Article Text
Abstract
Background Stroke is a major cause of adult disability and death worldwide. The subsequent development of neuroinflammation after reperfusion dramatically increases the risks associated with stroke. Microglia are key immune cells that respond to microenvironmental changes during ischemic stroke. The M1 subtype of microglia is a proinflammatory phenotype that promotes neuroinflammation-induced secondary brain damage. However, the mechanism of stroke-induced microglial M1 polarization and the interaction between microglia and neurons within the stroke area remain unclear.
Methods Using a murine middle cerebral artery occlusion (MCAO) model and chemogenetics, we studied whether neuronal activity modulates microglia polarization and whether targeting this neuron-immune axis prevents neuroinflammation after stroke.
Results Our findings demonstrate that ischemic/hypoxic stimulation sensitizes neurons to glutamate and causes abnormal neuronal activation.
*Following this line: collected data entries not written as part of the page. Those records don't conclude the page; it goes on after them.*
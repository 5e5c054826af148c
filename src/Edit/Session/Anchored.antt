-- ===== src/Edit/Session/Anchored.antt =====
-- crates/frances-edit/src/session/anchored.rs: edits at anchors, and by a regular expression.
use frances.Prelude.{
  ℕ, ◌+◌, List, [], ◌∷◌, ◌++◌, Option, none, some, Bool, true, false, not, ltb, if◌then◌else◌,
  get_elem?, Result, ok, err, fail_if, map_err, expect,
}
use frances.Prelude
use frances.Prelude.Action.{Action, ◌>>=◌, ◌>>◌, return, lift}
use frances.Text.{Text, codes, join}
use frances.Anchors.Hash.{hash_lines}
use frances.Edit.Anchor.{Anchor}
use frances.Edit.Pool.{Pool, from_used, mint}
use frances.Edit.State.{FilePath, LineEntry, FileAnchorState, content_digest, anchors}
use frances.Edit.Diff.{range_of}
use frances.Edit.Ops.{
  EditOp, insert_after, insert_before, replace, LineOrigin, carried, inserted, apply_ops,
}
use frances.Edit.Reconcile.{Outcome, EditHints, ReconcileOutcome, reconcile}
use frances.Edit.Engine.{WorkingFile, commit, infallible}
use frances.Edit.Render.{DiffRender, render_diff_block}
use frances.Edit.Session.Types.{
  EditError, anchor_pasteback_detected, backwards_replace_range, not_cached, regex,
  replace_all_count_exceeded, draft, RegexCrate, Surroundings, World, Written, overwriting,
}
use frances.Edit.Session.Working.{
  newline, split_text_to_lines, detect_anchor_pasteback, resolve_anchor, on_store, on_disk,
  keep_open, cached_working,
}

pub data PinPosition : Type 0 where
  before after : PinPosition

abbrev pub diff_context : ℕ
diff_context = 2

-- The entries of the draft: a carried line keeps its anchor, an inserted one gets a fresh one.
unfoldable pub draft_entries :
    List LineEntry → List LineOrigin → List ℕ → Pool → Outcome (List LineEntry × Pool)
draft_entries old [] hashes pool = ok ([], pool)
draft_entries old (o ∷ os) [] pool = ok ([], pool)
draft_entries old (carried i ∷ os) (h ∷ hs) pool = Prelude.◌>>=◌ (expect (get_elem? old i)) λ le.
    Prelude.◌>>=◌ (draft_entries old os hs pool)
      λ (rest, pool'). ok (record { hash = h; anchor = le.anchor } ∷ rest, pool')
draft_entries old (inserted ∷ os) (h ∷ hs) pool =
    let (anchor, pool₁) = mint pool in
    Prelude.◌>>=◌ (draft_entries old os hs pool₁)
      λ (rest, pool'). ok (record { hash = h; anchor = anchor } ∷ rest, pool')

-- The cap on the number of matches.
unfoldable pub check_count :
    (R : RegexCrate) → R.Regex → Text → Option ℕ → Result EditError (Unit {0})
check_count R re content none = ok tt
check_count R re content (some limit) =
    fail_if (ltb limit (R.find_count re content))
      (replace_all_count_exceeded (R.find_count re content) limit)

module _ {S W : Type 0} (env : Surroundings S W) where
  -- The end of every edit: store the outcome, render the change, and go on with the new file.
  unfoldable pub finish_edit :
      FilePath
      → WorkingFile
      → ReconcileOutcome
      → List Anchor
      → Written
      → Action EditError (World S W) DiffRender
  finish_edit path working outcome tombstones post = do
    on_store (
        commit env.hasher env.differ env.anchor_store path outcome.state post.mtime_ns post.size
          tombstones)
    block ← lift (
        infallible (
          render_diff_block env.dict env.differ working.state working.lines outcome.state post.lines
            diff_context))
    keep_open path (record { path = path; state = outcome.state; lines = post.lines })
    return block

  abbrev pub load_used : FilePath → Action EditError (World S W) Pool
  load_used path = do used ← on_store (env.anchor_store.used_anchors path); return (from_used used)

  unfoldable pub apply_line_edit :
      FilePath → WorkingFile → EditOp → List Anchor → Action EditError (World S W) DiffRender
  unfolding finish_edit draft_entries apply_ops reconcile
  apply_line_edit path working op deleted = do
    (draft_lines, origins) ← lift (infallible (apply_ops working.state working.lines (op ∷ [])))
    post ← on_disk draft (env.write path draft_lines overwriting)
    pool ← load_used path
    let draft_hashes = hash_lines env.hasher draft_lines
    (entries, pool') ←
        lift (infallible (draft_entries working.state.lines origins draft_hashes pool))
    let draft_state : FileAnchorState = record {
      path = path;
      mtime_ns = post.mtime_ns;
      size = post.size;
      content_digest = content_digest env.hasher draft_hashes;
      lines = entries;
    }
    (outcome, _) ←
        lift (infallible (reconcile env.hasher env.differ draft_state post.lines pool' none))
    finish_edit path working outcome (deleted ++ outcome.tombstoned) post

  unfoldable pub apply_draft_edit :
      FilePath
      → WorkingFile
      → List Text
      → Option EditHints
      → Action EditError (World S W) DiffRender
  unfolding finish_edit
  apply_draft_edit path working draft_lines hints = do
    post ← on_disk draft (env.write path draft_lines overwriting)
    pool ← load_used path
    (outcome, _) ←
        lift (infallible (reconcile env.hasher env.differ working.state post.lines pool hints))
    finish_edit path working outcome outcome.tombstoned post

  abbrev reject : Option Text → Result EditError (Unit {0})
  reject none = ok tt
  reject (some words) = err (anchor_pasteback_detected words)

  -- The guard against anchors pasted back into the text.
  unfoldable pub guard_pasteback : Bool → Text → Action EditError (World S W) (Unit {0})
  guard_pasteback true text = return tt
  guard_pasteback false text = do
    found ← lift (infallible (detect_anchor_pasteback env.regex_crate text))
    lift (reject found)

  unfoldable pub apply_replace :
      FilePath → Text → Text → Text → Bool → Action EditError (World S W) DiffRender
  unfolding guard_pasteback cached_working apply_line_edit
  apply_replace path anchor end_anchor text bypass = do
    guard_pasteback bypass text
    working ← cached_working path (not_cached path)
    (from, from_idx) ← lift (resolve_anchor env.dict anchor working.state working.lines path)
    (to, to_idx) ← lift (resolve_anchor env.dict end_anchor working.state working.lines path)
    lift (fail_if (ltb to_idx from_idx) (backwards_replace_range from_idx to_idx))
    gone ← lift (expect (range_of working.state.lines from_idx (to_idx + 1)))
    apply_line_edit path working (replace from to (split_text_to_lines text)) (anchors gone)

  unfoldable pub apply_pin_insert :
      FilePath → Text → Text → PinPosition → Bool → Action EditError (World S W) DiffRender
  unfolding guard_pasteback cached_working apply_line_edit
  apply_pin_insert path anchor text position bypass = do
    guard_pasteback bypass text
    working ← cached_working path (not_cached path)
    (pin, _) ← lift (resolve_anchor env.dict anchor working.state working.lines path)
    let lines = split_text_to_lines text
    apply_line_edit path working
        (elim position [ after ↦ insert_after pin lines | before ↦ insert_before pin lines ]) []

  abbrev no_match : FilePath → DiffRender
  no_match path = record { text = codes "No changes: regex matched 0 times in " ++ path; ops = [] }

  -- `replace_all` borrows its input when nothing matched, and then nothing is written.
  unfoldable pub write_replaced :
      FilePath → WorkingFile → Option Text → Action EditError (World S W) DiffRender
  unfolding apply_draft_edit
  write_replaced path working none = return (no_match path)
  write_replaced path working (some replaced) =
      apply_draft_edit path working (split_text_to_lines replaced) none

  unfoldable pub apply_replace_all :
      FilePath → Text → Text → Option ℕ → Action EditError (World S W) DiffRender
  unfolding cached_working check_count write_replaced
  apply_replace_all path find replacement count = do
    working ← cached_working path (not_cached path)
    re ← lift (map_err regex (RegexCrate.new env.regex_crate find))
    let content = join (newline ∷ []) working.lines
    lift (check_count env.regex_crate re content count)
    write_replaced path working (RegexCrate.replace_in env.regex_crate re content replacement)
This neuronal excitotoxicity drives microglial proinflammatory M1 polarization through neuron-derived exosome secretion via NF-kB activation. Inhibiting the ischemia-induced neuronal activity reversed this microglial M1 polarization and decreased levels of pro-inflammatory cytokines in the mouse brain. We are currently testing whether medications that inhibit neuronal excitotoxicity and the microglia’s pro-inflammatory polarization reverse this secondary brain injury.
Conclusion Together, these findings indicate that ischemic/hypoxic-induced neuronal excitotoxicity promotes neuroinflammation in the setting of reperfusion after ischemic stroke. Inhibiting abnormal neuronal activation triggered by ischemia may prevent microglia-induced neuroinflammation that could protect the brain from secondary brain damage.
Disclosures X. Guo: None. D. Xin: None. W. Qiu: None. G. Li: None. Z. Wang: None.